Top of Records for the task

-- ===== src/Config.antt =====
-- agent/internal/config: what the agent is started with. Texts are lists of code points here, of
-- strings that are UTF-8. `net.ParseIP` and `url.Parse` are parameters.
pub mod Address
pub mod Advertised
pub mod Load
mod Tests
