-- ===== src/Config/Address/Split.antt =====
-- What splitting an address gives, and that it undoes joining one.
use docker_mobile.Base.{
  ℕ, ◌+◌, ◌-◌, ◌*◌, ◌≡◌, refl, sym, ◌∙◌, subst, ◌≢◌, ◌⊎◌, inl, inr, true, false, Option, none, some,
  [], ◌∷◌, ◌++◌, arith, nat_beq, Bool-cases, Text, ◌==◌, nat_eq, text_eq, ne_of_==, Result, ok, err,
  contains_byte, cut-append, contains_byte-append, false≢true, none≢some, err≢ok, ok-inv,
}
use docker_mobile.Config.Address.{
  Library, AddressError, bad_port, first_of, forbidden, character_or, check_host, is_digit,
  digits_value, in_port_range, check_port, count_byte, Parts, after_brackets, at_colon, split_plain,
  split_parts, check_given_port, given_port, checked, check_parts, split_address, join_host_port,
}

-- A host and a port that `splitAddress` lets through.
pub record IsAddress (lib : Library) (x : Text × Text) : Type 0 where
  pub host : check_host lib x.0 ≡ none
  pub port : (x.1 ≡ []) ⊎ (check_port x.1 ≡ none)

checked-ok :
    (e f : Option AddressError) (r x : Text × Text)
    → checked e f r ≡ ok x
    → (e ≡ none) × (f ≡ none) × (r ≡ x)
unfolding checked
checked-ok (some e) f r x h = absurd (err≢ok e x h)
checked-ok none (some f) r x h = absurd (err≢ok f x h)
checked-ok none none r x h = (refl, refl, ok-inv r x h)

given_port-valid :
    (p : Option Text)
    → check_given_port p ≡ none
    → (given_port p ≡ []) ⊎ (check_port (given_port p) ≡ none)
unfolding given_port check_given_port
given_port-valid none h = inl refl
given_port-valid (some p) h = inr h

check_parts-IsAddress :
    (lib : Library) (r : Result AddressError Parts) (x : Text × Text)
    → check_parts lib r ≡ ok x
    → IsAddress lib x
unfolding check_parts
check_parts-IsAddress lib (err e) x h = absurd (err≢ok e x h)
check_parts-IsAddress lib (ok (host, port)) x h =
    let (a, b, e) =
      checked-ok (check_host lib host) (check_given_port port) (host, given_port port) x h in
    subst (IsAddress lib) e (record { host = a; port = given_port-valid port b })

-- Whatever is split off is a host that passes `checkHost`, and no port or one that passes
-- `checkPort`.
pub split_address-IsAddress :
    (lib : Library) (value : Text) (x : Text × Text)
    → split_address lib value ≡ ok x
    → IsAddress lib x
unfolding split_address
split_address-IsAddress lib value x h = check_parts-IsAddress lib (split_parts lib value) x h

pub first_of-none :
    (bad : Text) (c : ℕ) (s : Text)
    → contains_byte c bad ≡ true
    → first_of bad s ≡ none
    → contains_byte c s ≡ false
unfolding first_of contains_byte
first_of-none bad c [] b h = refl
first_of-none bad c (d ∷ s) b h = elim (Bool-cases (contains_byte d bad)) [
  | inl y ↦ absurd (none≢some d (sym (rw y at h)))
  | inr y ↦ ground (arith, first_of-none bad c s b (rw y at h), y, b)
]

pub character_or-none :
    (c : Option ℕ) (e : Option AddressError) → character_or c e ≡ none → (c ≡ none) × (e ≡ none)
unfolding character_or
character_or-none none e h = (refl, h)
character_or-none (some c) e h = absurd (none≢some _ (sym h))

-- A host that passes is not empty and has no forbidden character.
check_host-clean :
    (lib : Library) (host : Text)
    → check_host lib host ≡ none
    → (host ≢ []) × (first_of forbidden host ≡ none)
unfolding check_host
check_host-clean lib host h = elim (Bool-cases (host == [])) [
  | inl y ↦ absurd (none≢some _ (sym (rw y at h)))
  | inr y ↦ (ne_of_== host [] y, (character_or-none _ _ (rw y at h)).0)
]

digits-no-colon : (acc : ℕ) (s : Text) → digits_value acc s ≢ none → count_byte b':' s ≡ 0
unfolding digits_value count_byte is_digit
digits-no-colon acc [] h = refl
digits-no-colon acc (c ∷ s) h = elim (Bool-cases (is_digit c)) [
  | inr y ↦ absurd (h (rw y refl))
  | inl y ↦
      let later = digits-no-colon (acc * 10 + (c - b'0')) s (λ e. h (rw y e)) in
      ground (arith, later, y)
]

check_port-no-colon : (port : Text) → check_port port ≡ none → count_byte b':' port ≡ 0
unfolding check_port in_port_range
check_port-no-colon [] h = absurd (none≢some _ (sym h))
check_port-no-colon (c ∷ s) h = elim (Bool-cases (in_port_range (digits_value 0 (c ∷ s)))) [
  | inr y ↦ absurd (none≢some bad_port (sym (rw y at h)))
  | inl y ↦ digits-no-colon 0 (c ∷ s) (λ e. false≢true (rw e at y))
]

count_byte-absent : (b : ℕ) (s : Text) → contains_byte b s ≡ false → count_byte b s ≡ 0
unfolding contains_byte count_byte
count_byte-absent b [] h = refl
count_byte-absent b (c ∷ s) h = ground (arith, h, count_byte-absent b s)

count_byte-append : (b : ℕ) (s t : Text) → count_byte b (s ++ t) ≡ count_byte b s + count_byte b t
unfolding count_byte
count_byte-append b [] t = omega arith
count_byte-append b (c ∷ s) t = omega (arith, count_byte-append b s t)

count_byte-join :
    (host port : Text)
    → contains_byte b':' host ≡ false
    → count_byte b':' port ≡ 0
    → count_byte b':' (host ++ (b':' ∷ port)) ≡ 1
unfolding count_byte
count_byte-join host port a b = omega (
  arith,
  count_byte-append b':' host (b':' ∷ port),
  count_byte-absent b':' host a,
  b,
  count_byte-head port,
)
  where
    count_byte-head : (p : Text) → count_byte b':' (b':' ∷ p) ≡ 1 + count_byte b':' p
    count_byte-head p = refl

split_plain-join :
    (lib : Library) (host port : Text)
    → ((t : Text) → count_byte b':' t ≡ 1 → lib.is_ip t ≡ false)
    → contains_byte b':' host ≡ false
    → count_byte b':' port ≡ 0
    → split_plain lib (host ++ (b':' ∷ port)) ≡ ok (host, some port)
unfolding split_plain at_colon contains_byte
split_plain-join lib host port ip a b =
    let one = count_byte-join host port a b in
    let colon : contains_byte b':' (host ++ (b':' ∷ port)) ≡ true =
      contains_byte-append b':' host (b':' ∷ port) ∙ rw a refl in
    rw (ip _ one, colon, one, cut-append b':' host port a) refl

not-first : (c : ℕ) (s : Text) → contains_byte b'[' (c ∷ s) ≡ false → nat_beq c b'[' ≡ false
unfolding contains_byte
not-first c s h = ground (h, arith)

-- The host of an address, with a colon in it or not.
join-split :
    (lib : Library) (host port : Text)
    → ((t : Text) → count_byte b':' t ≡ 1 → lib.is_ip t ≡ false)
    → check_host lib host ≡ none
    → count_byte b':' port ≡ 0
    → split_parts lib (join_host_port host port) ≡ ok (host, some port)
unfolding split_parts join_host_port after_brackets contains_byte
join-split lib [] port ip h p = absurd ((check_host-clean lib [] h).0 refl)
join-split lib (c ∷ s) port ip h p =
    let clean = (check_host-clean lib (c ∷ s) h).1 in
    let closing : contains_byte b']' (c ∷ s) ≡ false =
      first_of-none forbidden b']' (c ∷ s) refl clean in
    let opening : nat_beq c b'[' ≡ false =
      not-first c s (first_of-none forbidden b'[' (c ∷ s) refl clean) in
    elim (Bool-cases (contains_byte b':' (c ∷ s))) [
      | inl y ↦ rw (y, cut-append b']' (c ∷ s) (b':' ∷ port) closing) refl
      | inr y ↦ rw (y, opening) (split_plain-join lib (c ∷ s) port ip y p)
    ]

-- A host and a port that pass are read back from what `net.JoinHostPort` makes of them, an IPv6
-- address in brackets included, if no text with one colon is an IP address.
pub split_address-join_host_port :
    (lib : Library) (host port : Text)
    → ((t : Text) → count_byte b':' t ≡ 1 → lib.is_ip t ≡ false)
    → check_host lib host ≡ none
    → check_port port ≡ none
    → split_address lib (join_host_port host port) ≡ ok (host, port)
unfolding split_address check_parts checked given_port check_given_port
split_address-join_host_port lib host port ip h p =
    rw (join-split lib host port ip h (check_port-no-colon port p), h, p) refl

Bottom of Records for the task

_Task goal_
Each line above that carries the string "Option" has to be returned.

_Output for this task_
  ℕ, ◌+◌, ◌-◌, ◌*◌, ◌≡◌, refl, sym, ◌∙◌, subst, ◌≢◌, ◌⊎◌, inl, inr, true, false, Option, none, some,
    (e f : Option AddressError) (r x : Text × Text)
    (p : Option Text)
    (c : Option ℕ) (e : Option AddressError) → character_or c e ≡ none → (c ≡ none) × (e ≡ none)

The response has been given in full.